D.C. Mayor Muriel E. Bowser (D) said the system dovetails with the city’s sustainability efforts.

“We can’t afford to have waste be just waste,” Bowser said. “Every dollar spent to convert that waste into energy will help us to reach our goals.”

Here’s how it works: When you flush or send soapsuds down the drain, the contents travel through miles of pipe and ultimately reach Blue Plains, off Interstate 295 in Southwest Washington . There, what looks like brown, murky water flows through screens that remove debris and then sits to allow solids to settle. Then, enormous centrifuges spin off the water and concentrate the remaining solids. (Don’t think too long about that part.)

The liquid is sent off to be treated and then returned to the Potomac River, and the concentrated sludge is pumped into large steel Cambi reactors, named for the Norwegian manufacturer. The reactors function like pressure cookers, using 338-degree steam and pressure to cook the sludge. Then it gets pumped to another tank at a much lower pressure, which causes the cell walls of the unhealthful pathogens and other microbes to burst.

“We’re not just burning up the bacteria,” Hawkins explained. “We destroy it.”

The sludge is then sent into one of four “digesters” — concrete cylinder tanks as tall as eight-story buildings — that each hold 3.8 million gallons. There, it spends about three weeks as microbial bugs nibble at it. The bugs convert the organic matter into methane gas, which is cleaned and sent to a nearby building, where turbines burn the methane gas and produce electricity. The entire system covers about five acres.

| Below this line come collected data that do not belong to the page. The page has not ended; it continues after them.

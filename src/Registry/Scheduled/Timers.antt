-- ===== src/Registry/Scheduled/Timers.antt =====
-- Every scheduled item has its one armed timer and every armed timer its item.
use symphonika.Base.{
  ℕ, suc, ◌<◌, String, true, false, none, some, List, [], ◌∷◌, ◌++◌, ◌≡◌, refl, arith, str_eq,
  eq_iff, ◌≢◌, inl, inr,
}
use symphonika.Base.Tests.{◌==◌, Bool-cases}
use symphonika.Base.Lists.{member, length}
use symphonika.Base.Maps.{Dict, lookup, delete, keys, put_new, member_of_lookup-none}
use symphonika.Registry.Scheduled.{
  ScheduledWorkInput, ScheduledItem, Timer, Registry, accepted, item_of, input_key,
  schedule_delayed, disarm, find_timer, is_current, timer_fired, clear_timers, cancel_all,
}

-- The timers' names are below `n`, and those after the first differ from it.
abbrev Fresh : ℕ → List Timer → Type 0
Fresh n [] = Unit
Fresh n (x ∷ xs) = (x.name ≢ n) × Fresh n xs

abbrev pub Below : ℕ → List Timer → Type 0
Below n [] = Unit
Below n (x ∷ xs) = (x.name < n) × Below n xs

-- Item and timer lists agree place by place, and no key and no name stands twice.
abbrev pub Paired : Dict ScheduledItem → List Timer → Type 0
Paired [] [] = Unit
Paired [] (x ∷ xs) = ⊥
Paired ((k, i) ∷ m) [] = ⊥
Paired ((k, i) ∷ m) (x ∷ xs) =
    (k ≡ x.key)
    × (i.timeout ≡ x.name)
    × (member k (keys m) ≡ false)
    × (Fresh x.name xs)
    × Paired m xs

pub record IsPaired (r : Registry) : Type 0 where
  pub paired : Paired r.scheduled r.armed
  pub below : Below r.next_timer r.armed

Below-mono : (n : ℕ) (xs : List Timer) → Below n xs → Below (suc n) xs
Below-mono n [] h = tt
Below-mono n (x ∷ xs) h = (omega arith, Below-mono n xs h.1)

Below-append :
    (n : ℕ) (x : Timer) (xs : List Timer) → Below n xs → x.name < n → Below n (xs ++ x ∷ [])
Below-append n x [] h p = (p, tt)
Below-append n x (y ∷ ys) h p = (h.0, Below-append n x ys h.1 p)

Below-disarm : (n t : ℕ) (xs : List Timer) → Below n xs → Below n (disarm t xs)
Below-disarm n t [] h = tt
Below-disarm n t (x ∷ xs) h = ground (arith, Below-disarm n t xs h.1)

Fresh-append :
    (n : ℕ) (x : Timer) (xs : List Timer) → Fresh n xs → x.name ≢ n → Fresh n (xs ++ x ∷ [])
Fresh-append n x [] h p = (p, tt)
Fresh-append n x (y ∷ ys) h p = (h.0, Fresh-append n x ys h.1 p)

Fresh-disarm : (n t : ℕ) (xs : List Timer) → Fresh n xs → Fresh n (disarm t xs)
Fresh-disarm n t [] h = tt
Fresh-disarm n t (x ∷ xs) h = ground (arith, Fresh-disarm n t xs h.1)

disarm-Fresh : (t : ℕ) (xs : List Timer) → Fresh t xs → disarm t xs ≡ xs
disarm-Fresh t [] h = refl
disarm-Fresh t (x ∷ xs) h = ground (arith, disarm-Fresh t xs h.1)

delete_absent : (k : String) (m : Dict ScheduledItem) → member k (keys m) ≡ false → delete k m ≡ m
delete_absent k [] h = refl
delete_absent k ((j, w) ∷ m) h = ground (arith, delete_absent k m)

member-delete :
    (j k : String) (m : Dict ScheduledItem)
    → member j (keys m) ≡ false
    → member j (keys (delete k m)) ≡ false
member-delete j k [] h = refl
member-delete j k ((i, w) ∷ m) h = ground (arith, member-delete j k m)

member-append :
    (j k : String) (i : ScheduledItem) (m : Dict ScheduledItem)
    → member j (keys m) ≡ false
    → str_eq k j ≡ false
    → member j (keys (m ++ (k, i) ∷ [])) ≡ false
member-append j k i [] h p = ground arith
member-append j k i ((l, w) ∷ m) h p = ground (arith, member-append j k i m)

Paired-append :
    (m : Dict ScheduledItem) (xs : List Timer) (k : String) (i : ScheduledItem) (x : Timer)
    → Paired m xs
    → member k (keys m) ≡ false
    → Below x.name xs
    → k ≡ x.key
    → i.timeout ≡ x.name
    → Paired (m ++ (k, i) ∷ []) (xs ++ x ∷ [])
Paired-append [] [] k i x h f b p q = (p, q, refl, tt, tt)
Paired-append [] (y ∷ ys) k i x h f b p q = elim h [ ]
Paired-append ((j, w) ∷ m) [] k i x h f b p q = elim h [ ]
Paired-append ((j, w) ∷ m) (y ∷ ys) k i x h f b p q = (
  h.0,
  h.1,
  member-append j k i m h.2 (ground (arith, eq_iff j k, eq_iff k j)),
  Fresh-append y.name x ys h.3 (omega (arith, b.0)),
  Paired-append m ys k i x h.4 (ground arith) b.1 p q,
)

current-member :
    (t : ℕ) (k : String) (m : Dict ScheduledItem)
    → is_current t (lookup k m) ≡ true
    → member k (keys m) ≡ true
current-member t k [] h = cc
current-member t k ((j, w) ∷ m) h = ground (arith, current-member t k m)

find_timer-name : (t : ℕ) (xs : List Timer) (x : Timer) → find_timer t xs ≡ some x → x.name ≡ t
find_timer-name t [] x h = cc
find_timer-name t (y ∷ ys) x h = ground (arith, find_timer-name t ys x)

other_key :
    (t : ℕ) (j : String) (x : Timer) (m : Dict ScheduledItem)
    → member j (keys m) ≡ false
    → is_current t (lookup x.key m) ≡ true
    → str_eq j x.key ≡ false
other_key t j x m h e = ground (arith, current-member t x.key m, eq_iff j x.key)

-- The closure of an armed timer finds its own item, and the two leave together.
pub Paired-fire :
    (m : Dict ScheduledItem) (xs : List Timer) (t : ℕ) (x : Timer)
    → Paired m xs
    → find_timer t xs ≡ some x
    → (is_current t (lookup x.key m) ≡ true) × Paired (delete x.key m) (disarm t xs)
Paired-fire [] [] t x h e = cc
Paired-fire [] (y ∷ ys) t x h e = elim h [ ]
Paired-fire ((j, w) ∷ m) [] t x h e = elim h [ ]
Paired-fire ((j, w) ∷ m) (y ∷ ys) t x h e = elim (Bool-cases (y.name == t)) [
  | inl hit ↦
      let same : y ≡ x = ground arith in
      let key : str_eq j x.key ≡ true = ground (arith, eq_iff j x.key) in
      let gone : delete x.key m ≡ m = ground (arith, delete_absent j m, eq_iff j x.key) in
      let left : disarm t ys ≡ ys = ground (arith, disarm-Fresh t ys) in
      rw (hit, key, gone, left) (ground arith, h.4)
  | inr miss ↦
      let (now, rest) = Paired-fire m ys t x h.4 (rw miss at e) in
      let apart : str_eq j x.key ≡ false = other_key t j x m h.2 now in
      rw (miss, apart)
        (now, (h.0, h.1, member-delete j x.key m h.2, Fresh-disarm y.name t ys h.3, rest))
]

clear_timers_all : (m : Dict ScheduledItem) (xs : List Timer) → Paired m xs → clear_timers m xs ≡ []
clear_timers_all [] [] h = refl
clear_timers_all [] (y ∷ ys) h = elim h [ ]
clear_timers_all ((j, w) ∷ m) [] h = elim h [ ]
clear_timers_all ((j, w) ∷ m) (y ∷ ys) h =
    rw (clear_first, disarm-Fresh w.timeout ys (rw h.1 h.3)) (clear_timers_all m ys h.4)
  where
    clear_first : disarm w.timeout (y ∷ ys) ≡ disarm w.timeout ys
    clear_first = ground arith

abbrev pub new_timer : Registry → ScheduledWorkInput → Timer
new_timer r input = record { name = r.next_timer; key = input_key input; fire = input.fire }

pub schedule_delayed-IsPaired :
    (r s : Registry) (now : ℕ) (input : ScheduledWorkInput)
    → IsPaired r
    → schedule_delayed r now input ≡ accepted s
    → IsPaired s
unfolding schedule_delayed
schedule_delayed-IsPaired r s now input v h = ground (
  arith,
  put_new (input_key input) (item_of now r.next_timer input) r.scheduled,
  member_of_lookup-none (input_key input) r.scheduled,
  Paired-append r.scheduled r.armed (input_key input) (item_of now r.next_timer input)
      (new_timer r input) v.paired,
  Below-append (suc r.next_timer) (new_timer r input) r.armed,
  Below-mono r.next_timer r.armed v.below,
)

pub timer_fired_idle :
    (r : Registry) (t : ℕ) → find_timer t r.armed ≡ none → timer_fired r t ≡ (r, none)
unfolding timer_fired
timer_fired_idle r t h = ground arith

-- An armed timer calls its callback, and takes its own item and itself away.
pub timer_fired_armed :
    (r : Registry) (t : ℕ) (x : Timer)
    → IsPaired r
    → find_timer t r.armed ≡ some x
    → timer_fired r t
      ≡ (record r { scheduled = delete x.key r.scheduled; armed = disarm t r.armed }, some x.fire)
unfolding timer_fired
timer_fired_armed r t x v h = ground (arith, Paired-fire r.scheduled r.armed t x v.paired h)

pub fired-IsPaired :
    (r : Registry) (t : ℕ) (x : Timer)
    → IsPaired r
    → find_timer t r.armed ≡ some x
    → IsPaired (record r { scheduled = delete x.key r.scheduled; armed = disarm t r.armed })
fired-IsPaired r t x v h = record {
  paired = (Paired-fire r.scheduled r.armed t x v.paired h).1;
  below = Below-disarm r.next_timer t r.armed v.below;
}

pub armed-schedule_delayed :
    (r s : Registry) (now : ℕ) (input : ScheduledWorkInput)
    → schedule_delayed r now input ≡ accepted s
    → s.armed ≡ r.armed ++ new_timer r input ∷ []
unfolding schedule_delayed
armed-schedule_delayed r s now input h = ground arith

-- Shutdown clears every timer that was armed, and every item.
pub cancel_all_clears :
    (r : Registry) → IsPaired r → ((cancel_all r).0.scheduled ≡ []) × ((cancel_all r).0.armed ≡ [])
unfolding cancel_all
cancel_all_clears r v = (refl, clear_timers_all r.scheduled r.armed v.paired)

-- One timer goes off at a time.
pub length-disarm :
    (m : Dict ScheduledItem) (xs : List Timer) (t : ℕ) (x : Timer)
    → Paired m xs
    → find_timer t xs ≡ some x
    → length xs ≡ suc (length (disarm t xs))
length-disarm [] [] t x h e = cc
length-disarm [] (y ∷ ys) t x h e = elim h [ ]
length-disarm ((j, w) ∷ m) [] t x h e = elim h [ ]
length-disarm ((j, w) ∷ m) (y ∷ ys) t x h e =
    ground (arith, length-disarm m ys t x h.4, disarm-Fresh t ys)

pub length-Paired : (m : Dict ScheduledItem) (xs : List Timer) → Paired m xs → length m ≡ length xs
length-Paired [] [] h = refl
length-Paired [] (y ∷ ys) h = elim h [ ]
length-Paired ((j, w) ∷ m) [] h = elim h [ ]
length-Paired ((j, w) ∷ m) (y ∷ ys) h = omega (arith, length-Paired m ys h.4)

The key, Hawkins said, is the Cambi pressure cookers that burn off much of the sludge, leaving less of it to be treated. That allowed D.C. Water to have only four enormous cylinder-like digester buildings instead of eight, which it didn’t have room for.

Hawkins lauded the crowd of local leaders for their support, saying that they and D.C. Water customers had made the project possible.

“One could say it’s a project generated by you, too,” Hawkins said, as the crowd of toilet-flushers chuckled. “I’ll let you think about that one a minute.”